Working with Cumbria Police, the Insurance Fraud Bureau (IFB) was able to identify the reach of this widespread fraud across the insurance industry. The IFB acts as a central data hub for the insurance industry to detect and disrupt organised motor insurance fraud - it detects suspicious patterns and fraudulent insurance claims that individual insurers alone cannot detect - and works in partnership with police to support the arrests of suspected fraudsters. 

 

Temporary Detective Chief Inspector Dave Stalker, of Cumbria Constabulary’s Serious and Organised Crime Unit, said:

 

“Due to the large number of people involved, this has been a lengthy and complex investigation which has led to the sentencing of ringleader McCracken and his associates.

 

“Not only has McCracken gone to great lengths to launder money and commit serial fraud, his confidence in his own criminality grew to the extent he was claiming collisions occurred on the same day he opened insurance contracts.

 

“I’d like to thank the detectives that have spent a great number of hours in order to bring these 35 people to justice.

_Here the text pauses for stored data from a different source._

-- ===== src/Legacy/Cygwin.antt =====
-- old/pkg/cygwinsocket/cygwinsocket.go: `nonce2s` and `handle`, beside their successors in
-- internal/interfaces/cygwin. What a client sends arrives in chunks, and `conn.Read` gives one chunk
-- at most.
pub mod Same
pub mod Made
use omni_sshagent.Base.{
  ℕ, zero, suc, ◌-◌, Bool, true, false, not, ◌&&◌, List, [], ◌∷◌, ◌++◌, Option, none, some, leb,
  length, take, drop, if◌then◌else◌, ◌≡◌, ◌≢◌, refl, sym, ap, ◌∙◌, arith, length-append,
}
use omni_sshagent.Base.Text.{Text, equal, equal_refl}
use omni_sshagent.Base.Words.{join}
use omni_sshagent.Base.Hex.{hex_encode}
use omni_sshagent.Base.Endian.{little_endian, take-append, drop-append}
use omni_sshagent.Files.{Bytes}
use omni_sshagent.Interfaces.{Served, is_failure}
use omni_sshagent.Cygwin.{nonce_text, nonce_word}
use omni_sshagent.Cygwin.Handshake.{
  Client, Action, set_deadline, clear_deadline, sent, serve, warn, close, handle, serving,
  read_full,
}

-- The loop of `nonce2s`; an index out of range panics.
nonce_words : Bytes → Option (List Text)
nonce_words [] = some []
nonce_words (a ∷ b ∷ c ∷ d ∷ rest) = elim (nonce_words rest) [
  | none ↦ none
  | some words ↦ some (hex_encode (d ∷ c ∷ b ∷ a ∷ []) ∷ words)
]
nonce_words _ = none

unfoldable pub nonce2s : Bytes → Option Text
unfolding nonce_words
nonce2s nonce = elim (nonce_words nonce) [ none ↦ none | some words ↦ some (join b'-' words) ]

-- `conn.Read` with a buffer of `n` bytes; nothing at the end.
push_back : Bytes → List Bytes → List Bytes
push_back [] chunks = chunks
push_back (b ∷ rest) chunks = (b ∷ rest) ∷ chunks

unfoldable pub read : ℕ → List Bytes → Option (Bytes × List Bytes)
unfolding push_back
read n [] = none
read n (chunk ∷ chunks) = some (take n chunk, push_back (drop n chunk) chunks)

zeros : ℕ → Bytes
zeros zero = []
zeros (suc n) = 0 ∷ zeros n

-- A buffer of `n` bytes that such a read has filled from its start.
unfoldable pub buffer : ℕ → Bytes → Bytes
unfolding zeros
buffer n got = got ++ zeros (n - length got)

unfoldable pub all_of : List Bytes → Bytes
all_of [] = []
all_of (chunk ∷ chunks) = chunk ++ all_of chunks

module _ (pid : ℕ) where
  unfoldable pub former_answer_pid : Option (Bytes × List Bytes) → ℕ → List Action
  unfolding buffer all_of
  former_answer_pid none writes = []
  former_answer_pid (some (got, rest)) zero = []
  former_answer_pid (some (got, rest)) (suc writes) =
      sent (little_endian pid ++ drop 4 (buffer 12 got)) ∷ serve (all_of rest) ∷ []

  unfoldable pub former_answer_nonce : Bytes → List Bytes → ℕ → List Action
  unfolding former_answer_pid read
  former_answer_nonce nonce rest zero = []
  former_answer_nonce nonce rest (suc writes) = sent nonce ∷ former_answer_pid (read 12 rest) writes

  unfoldable pub former_check_nonce : Bytes → ℕ → Option (Bytes × List Bytes) → List Action
  unfolding former_answer_nonce
  former_check_nonce nonce writes none = []
  former_check_nonce nonce writes (some (got, rest)) =
      if not (equal nonce (buffer 16 got)) then [] else former_answer_nonce nonce rest writes

  -- The former `handle`: `writes` is how many writes succeed, and an error is only logged. The read
  -- deadline is never lifted, so that only the first `in_time` chunks can be read at all.
  unfoldable pub former_handle : ℕ → ℕ → Bytes → List Bytes → ℕ → List Action
  unfolding former_check_nonce read
  former_handle timeout in_time nonce chunks writes =
      set_deadline timeout
      ∷ (former_check_nonce nonce writes (read 16 (take in_time chunks)) ++ close ∷ [])

-- What the client sees of the actions.
unfoldable pub visible : List Action → List Action
visible [] = []
visible (set_deadline n ∷ actions) = visible actions
visible (clear_deadline ∷ actions) = visible actions
visible (sent b ∷ actions) = sent b ∷ visible actions
visible (serve b ∷ actions) = serve b ∷ visible actions
visible (warn ∷ actions) = visible actions
visible (close ∷ actions) = close ∷ visible actions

I would also like to thank the CPS and the IFB for their assistance and support during the investigation. 

 

“This should serve as a warning to others thinking of doing similar that there are serious consequences to making false insurance claims.  Crash-for-cash scams will be investigated and those involved could end up with a criminal conviction. In addition we will seek to remove assets from those we identify as having profited.”

 

Ben Fletcher, Director of the Insurance Fraud Bureau (IFB), said:

 

“The sentences handed down today send a clear message that prosecution is a very real consequence for people committing insurance fraud. In this case the fraudsters, driven by greed, used extreme methods such as manipulating a vehicle’s mileage in an attempt to exploit the industry, and ultimately honest premium-paying motorists.

 

“At the IFB we are committed to working with law enforcement agencies, such as Cumbria Police, to take the fight to the fraudster and we urge the public to also fight back by reporting what they know to the IFB’s Cheatline.”

 

One further person, Peter Farish, will be sentenced at a later date. The other 25 people were issued with a variety of suspended and community service sentences.